* [Exercise details]:
Which lines of the data include the string "popped"? List them all.

* [Stored data]:
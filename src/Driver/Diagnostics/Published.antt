-- ===== src/Driver/Diagnostics/Published.antt =====
-- What is published for the master, by what happens in its cycles.
use soem_driver_ros.Base.{
  ℕ, ◌+◌, ◌^◌, ◌≤◌, ◌<◌, ◌≡◌, ◌⊎◌, refl, sym, ap, ◌∙◌, ltb, not, ◌||◌, Bool, false, if◌then◌else◌,
  ◌%◌, List, [], ◌∷◌, ◌++◌, Option, none, some, or_default, subst, Text, codes, arith,
}
use soem_driver_ros.Master.Mailboxes.{handle_mailboxes}
use soem_driver_ros.Master.Cycle.{
  MasterStatus, Master, CycleInput, count_cycle, to_size, next_count, push_status, cycle, cycles,
}
use soem_driver_ros.Master.Cycle.Counters.{
  bind_some, cycle-status, failures, ec_errors, InRange, count_cycle-Counted,
}
use soem_driver_ros.Driver.Diagnostics.{
  StatusWrapper, master_state_to_string, summarize, build_master_status_diagnostics_ros,
  master_diagnostics, slave_diagnostics, publish,
}

-- What diagnostic_updater documents: merge_summary keeps the higher level; add() puts a key and a value
-- behind those of the message, which the other methods leave alone; the hardware id is the one that
-- is set; and nothing behind the summary changes the level.
pub record Lawful (w : StatusWrapper) : Type 0 where
  pub values-builder : w.values w.builder ≡ []
  pub values-set_name : (t : Text) (m : w.Message) → w.values (w.set_name t m) ≡ w.values m
  pub values-set_hardware_id :
      (t : Text) (m : w.Message) → w.values (w.set_hardware_id t m) ≡ w.values m
  pub values-summary : (l : ℕ) (t : Text) (m : w.Message) → w.values (w.summary l t m) ≡ w.values m
  pub values-merge_summary :
      (l : ℕ) (t : Text) (m : w.Message) → w.values (w.merge_summary l t m) ≡ w.values m
  pub values-add_text :
      (k t : Text) (m : w.Message) → w.values (w.add_text k t m) ≡ w.values m ++ (k, t) ∷ []
  pub values-add_count :
      (k : Text) (n : ℕ) (m : w.Message)
      → w.values (w.add_count k n m) ≡ w.values m ++ (k, w.printed n) ∷ []
  pub hardware_id-set_hardware_id :
      (t : Text) (m : w.Message) → w.hardware_id (w.set_hardware_id t m) ≡ t
  pub ok_below : w.ok < w.warn
  pub warn_below : w.warn < w.error
  pub level-summary : (l : ℕ) (t : Text) (m : w.Message) → w.level (w.summary l t m) ≡ l
  pub level-merge_summary :
      (l : ℕ) (t : Text) (m : w.Message)
      → w.level (w.merge_summary l t m) ≡ (if ltb (w.level m) l then l else w.level m)
  pub level-add_text : (k t : Text) (m : w.Message) → w.level (w.add_text k t m) ≡ w.level m
  pub level-add_count : (k : Text) (n : ℕ) (m : w.Message) → w.level (w.add_count k n m) ≡ w.level m
  pub level-set_hardware_id :
      (t : Text) (m : w.Message) → w.level (w.set_hardware_id t m) ≡ w.level m

-- A cycle in which SOEM did not send or receive, or reported an error.
abbrev pub failed : CycleInput → Bool
failed i = not i.sent || (not i.received || i.is_error)

-- The level by a failure, and by deadlines missed up to then.
abbrev pub level_of : (w : StatusWrapper) → Bool → Bool → ℕ
level_of w errors late = if errors then w.error else (if late then w.warn else w.ok)

abbrev streaks : MasterStatus → Bool
streaks s =
    ltb 0 s.rx_error_count_consecutive
    || (ltb 0 s.tx_error_count_consecutive || ltb 0 s.other_ec_error_count_consecutive)

module _ (w : StatusWrapper) (lawful : Lawful w) where
  open lawful use {
    ok_below, warn_below, level-summary, level-merge_summary, level-add_text, level-add_count,
    level-set_hardware_id,
  }

  level-summarize :
      (s : MasterStatus)
      → w.level (summarize w s) ≡ level_of w (streaks s) (ltb 0 s.missed_cycle_deadline_count)
  unfolding summarize
  level-summarize s =
      let b0 = w.summary w.ok [] (w.set_name (codes "SOEMMaster") w.builder) in
      let errors = codes "Errors communicating with slaves on EtherCAT bus!" in
      let misses = codes "Realtime loop misses cycle deadline!" in
      ground (
        arith,
        ok_below,
        warn_below,
        level-summary w.ok [] (w.set_name (codes "SOEMMaster") w.builder),
        level-merge_summary w.error errors b0,
        level-merge_summary w.warn misses b0,
        level-merge_summary w.warn misses (w.merge_summary w.error errors b0),
      )

  level-build_master_status_diagnostics_ros :
      (s : MasterStatus)
      → w.level (build_master_status_diagnostics_ros w s)
        ≡ level_of w (streaks s) (ltb 0 s.missed_cycle_deadline_count)
  unfolding build_master_status_diagnostics_ros
  level-build_master_status_diagnostics_ros s =
      level-add_count _ _ _
      ∙ level-add_count _ _ _
      ∙ level-add_count _ _ _
      ∙ level-add_count _ _ _
      ∙ level-add_count _ _ _
      ∙ level-add_text _ _ _
      ∙ level-summarize s

-- What the message says about a cycle behind a status, under each key.
abbrev pub reported : (w : StatusWrapper) → CycleInput → ℕ → MasterStatus → List (Text × Text)
reported w i cycle_counter s =
    (codes "state", if failed i then codes "ERROR" else codes "RUNNING")
    ∷ (
      codes "error_count",
      w.printed (
          (s.error_count
            + (failures (λ j. j.sent) (i ∷ [])
                + (failures (λ j. j.received) (i ∷ []) + ec_errors (i ∷ []))))
          % 2 ^ 64),
    )
    ∷ (
      codes "rx_error_count",
      w.printed ((s.rx_error_count + failures (λ j. j.received) (i ∷ [])) % 2 ^ 64),
    )
    ∷ (
      codes "tx_error_count",
      w.printed ((s.tx_error_count + failures (λ j. j.sent) (i ∷ [])) % 2 ^ 64),
    )
    ∷ (
      codes "missed_cycle_deadline_count",
      w.printed ((s.missed_cycle_deadline_count + failures (λ j. not j.late) (i ∷ [])) % 2 ^ 64),
    )
    ∷ (codes "cycle_count", w.printed (to_size (next_count cycle_counter)))
    ∷ []

module _ (w : StatusWrapper) (lawful : Lawful w) where
  open lawful use {
    values-builder, values-set_name, values-summary, values-merge_summary, values-add_text,
    values-add_count,
  }

  values-summarize : (s : MasterStatus) → w.values (summarize w s) ≡ []
  unfolding summarize
  values-summarize s =
      let b0 = w.summary w.ok [] (w.set_name (codes "SOEMMaster") w.builder) in
      let errors = codes "Errors communicating with slaves on EtherCAT bus!" in
      let misses = codes "Realtime loop misses cycle deadline!" in
      ground (
        arith,
        values-builder,
        values-set_name (codes "SOEMMaster") w.builder,
        values-summary w.ok [] (w.set_name (codes "SOEMMaster") w.builder),
        values-merge_summary w.error errors b0,
        values-merge_summary w.warn misses b0,
        values-merge_summary w.warn misses (w.merge_summary w.error errors b0),
      )

  added :
      (k : Text) (n : ℕ) (m : w.Message) (xs : List (Text × Text))
      → w.values m ≡ xs
      → w.values (w.add_count k n m) ≡ xs ++ (k, w.printed n) ∷ []
  added k n m xs e = values-add_count k n m ∙ ap (λ l. l ++ (k, w.printed n) ∷ []) e

  values-build_master_status_diagnostics_ros :
      (s : MasterStatus)
      → w.values (build_master_status_diagnostics_ros w s)
        ≡ (codes "state", master_state_to_string s.state)
          ∷ (codes "error_count", w.printed s.error_count)
          ∷ (codes "rx_error_count", w.printed s.rx_error_count)
          ∷ (codes "tx_error_count", w.printed s.tx_error_count)
          ∷ (codes "missed_cycle_deadline_count", w.printed s.missed_cycle_deadline_count)
          ∷ (codes "cycle_count", w.printed s.cycle_count)
          ∷ []
  unfolding build_master_status_diagnostics_ros
  values-build_master_status_diagnostics_ros s = added _ _ _ _ (
      added _ _ _ _ (
        added _ _ _ _ (
          added _ _ _ _ (
            added _ _ _ _ (
              values-add_text _ _ _
              ∙ ap (λ l. l ++ (codes "state", master_state_to_string s.state) ∷ [])
                  (values-summarize s))))))

status-count_cycle :
    (i : CycleInput) (n : ℕ) (s : MasterStatus)
    → ((count_cycle i n s).cycle_count ≡ n)
      × (master_state_to_string (count_cycle i n s).state
          ≡ (if failed i then codes "ERROR" else codes "RUNNING"))
unfolding count_cycle master_state_to_string
status-count_cycle i n s = (ground arith, ground arith)

values-reported :
    (w : StatusWrapper) (lawful : Lawful w) (i : CycleInput) (cycle_counter : ℕ) (s : MasterStatus)
    → InRange s
    → w.values (
        build_master_status_diagnostics_ros w
          (count_cycle i (to_size (next_count cycle_counter)) s))
      ≡ reported w i cycle_counter s
values-reported w lawful i cycle_counter s h =
    let n = to_size (next_count cycle_counter) in
    let (count, state) = status-count_cycle i n s in
    let (tx, rx, missed, all) = count_cycle-Counted i n s h in
    values-build_master_status_diagnostics_ros w lawful (count_cycle i n s)
    ∙ rw (state, all, rx, tx, missed, count) refl

-- One more failure of each kind does not wrap a counter, and an error that SOEM reports is in its list.
abbrev pub Room : CycleInput → MasterStatus → Type 0
Room i s =
    (s.rx_error_count_consecutive + 1 < 2 ^ 64)
    × (s.tx_error_count_consecutive + 1 < 2 ^ 64)
    × (s.other_ec_error_count_consecutive + i.popped < 2 ^ 64)
    × (s.missed_cycle_deadline_count + 1 < 2 ^ 64)
    × ((i.is_error ≡ false) ⊎ (1 ≤ i.popped))

streaks-count_cycle :
    (i : CycleInput) (n : ℕ) (s : MasterStatus) → Room i s → streaks (count_cycle i n s) ≡ failed i
unfolding count_cycle
streaks-count_cycle i n s h = ground (arith, h)

late-count_cycle :
    (i : CycleInput) (n : ℕ) (s : MasterStatus)
    → Room i s
    → (ltb 0 (count_cycle i n s).missed_cycle_deadline_count
        ≡ (i.late || ltb 0 s.missed_cycle_deadline_count))
unfolding count_cycle
late-count_cycle i n s h = ground (arith, h)

cycle-status_queue :
    (i : CycleInput) (m m' : Master)
    → cycle i m ≡ some m'
    → m'.status_queue ≡ push_status m'.status m.status_queue
unfolding cycle
cycle-status_queue i m m' e =
    let (slaves, _, done) = bind_some (handle_mailboxes i.answers 1 m.slaves_data_access) _ m' e in
    let same = ap (or_default m) done in
    subst (λ x. x.status_queue ≡ push_status x.status m.status_queue) same refl

cycles-status_queue :
    (is : List CycleInput) (m m' : Master) (s : MasterStatus)
    → m.status_queue ≡ some s
    → cycles is m ≡ some m'
    → m'.status_queue ≡ some s
unfolding cycles
cycles-status_queue [] m m' s h e = ap (λ o. (or_default m o).status_queue) (sym e) ∙ h
cycles-status_queue (i ∷ is) m m' s h e =
    let (m1, first, rest) = bind_some (cycle i m) _ m' e in
    cycles-status_queue is m1 m' s (cycle-status_queue i m m1 first ∙ ap (push_status m1.status) h)
      rest

module _ (w : StatusWrapper) (lawful : Lawful w) where
  open lawful use {level-set_hardware_id, values-set_hardware_id, hardware_id-set_hardware_id}

  -- The message that the timer publishes after cycles that started with an empty status queue, where the
  -- counters are in range and do not wrap in the first of these cycles, and an error that SOEM reports
  -- in it is in its list: it has one status of the master, with the id of the interface, and then
  -- those of the slaves. That status tells the state and the counters as the first of the cycles leaves
  -- them, each under its key: ERROR if that cycle did not send or receive or SOEM reported an error,
  -- else RUNNING; the errors before, with those of the cycle; and the number of the cycle. Its level is
  -- ERROR in the same cases, else WARN if a deadline has been missed until then, and else OK.
  pub cycles-published :
      (i : CycleInput) (is : List CycleInput) (m m' : Master) (interface : Text)
      (queues : List (Option w.Message))
      → m.status_queue ≡ none
      → InRange m.status
      → Room i m.status
      → cycles (i ∷ is) m ≡ some m'
      → (d : w.Message) × ((publish w interface queues m').0 ≡ d ∷ slave_diagnostics w queues)
        × (w.hardware_id d ≡ interface)
        × (w.values d ≡ reported w i m.cycle_counter m.status)
        × (w.level d ≡ level_of w (failed i) (i.late || ltb 0 m.status.missed_cycle_deadline_count))
  unfolding cycles publish master_diagnostics
  cycles-published i is m m' interface queues empty range room e =
      let (m1, first, rest) = bind_some (cycle i m) _ m' e in
      let n = to_size (next_count m.cycle_counter) in
      let status = cycle-status i m m1 first in
      let pushed = cycle-status_queue i m m1 first ∙ ap (push_status m1.status) empty in
      let queued = cycles-status_queue is m1 m' m1.status pushed rest in
      let built = build_master_status_diagnostics_ros w m1.status in
      (
        w.set_hardware_id interface built,
        rw (queued, master_diagnostics) refl,
        hardware_id-set_hardware_id interface built,
        values-set_hardware_id interface built
            ∙ ap (λ x. w.values (build_master_status_diagnostics_ros w x)) status.0
            ∙ values-reported w lawful i m.cycle_counter m.status range,
        level-set_hardware_id interface built
            ∙ level-build_master_status_diagnostics_ros w lawful m1.status
            ∙ ap (λ x. level_of w (streaks x) (ltb 0 x.missed_cycle_deadline_count)) status.0
            ∙ ap (λ b. level_of w b (ltb 0 (count_cycle i n m.status).missed_cycle_deadline_count))
                (streaks-count_cycle i n m.status room)
            ∙ ap (level_of w (failed i)) (late-count_cycle i n m.status room),
      )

* [Result of this task]:
    × (s.other_ec_error_count_consecutive + i.popped < 2 ^ 64)
    × ((i.is_error ≡ false) ⊎ (1 ≤ i.popped))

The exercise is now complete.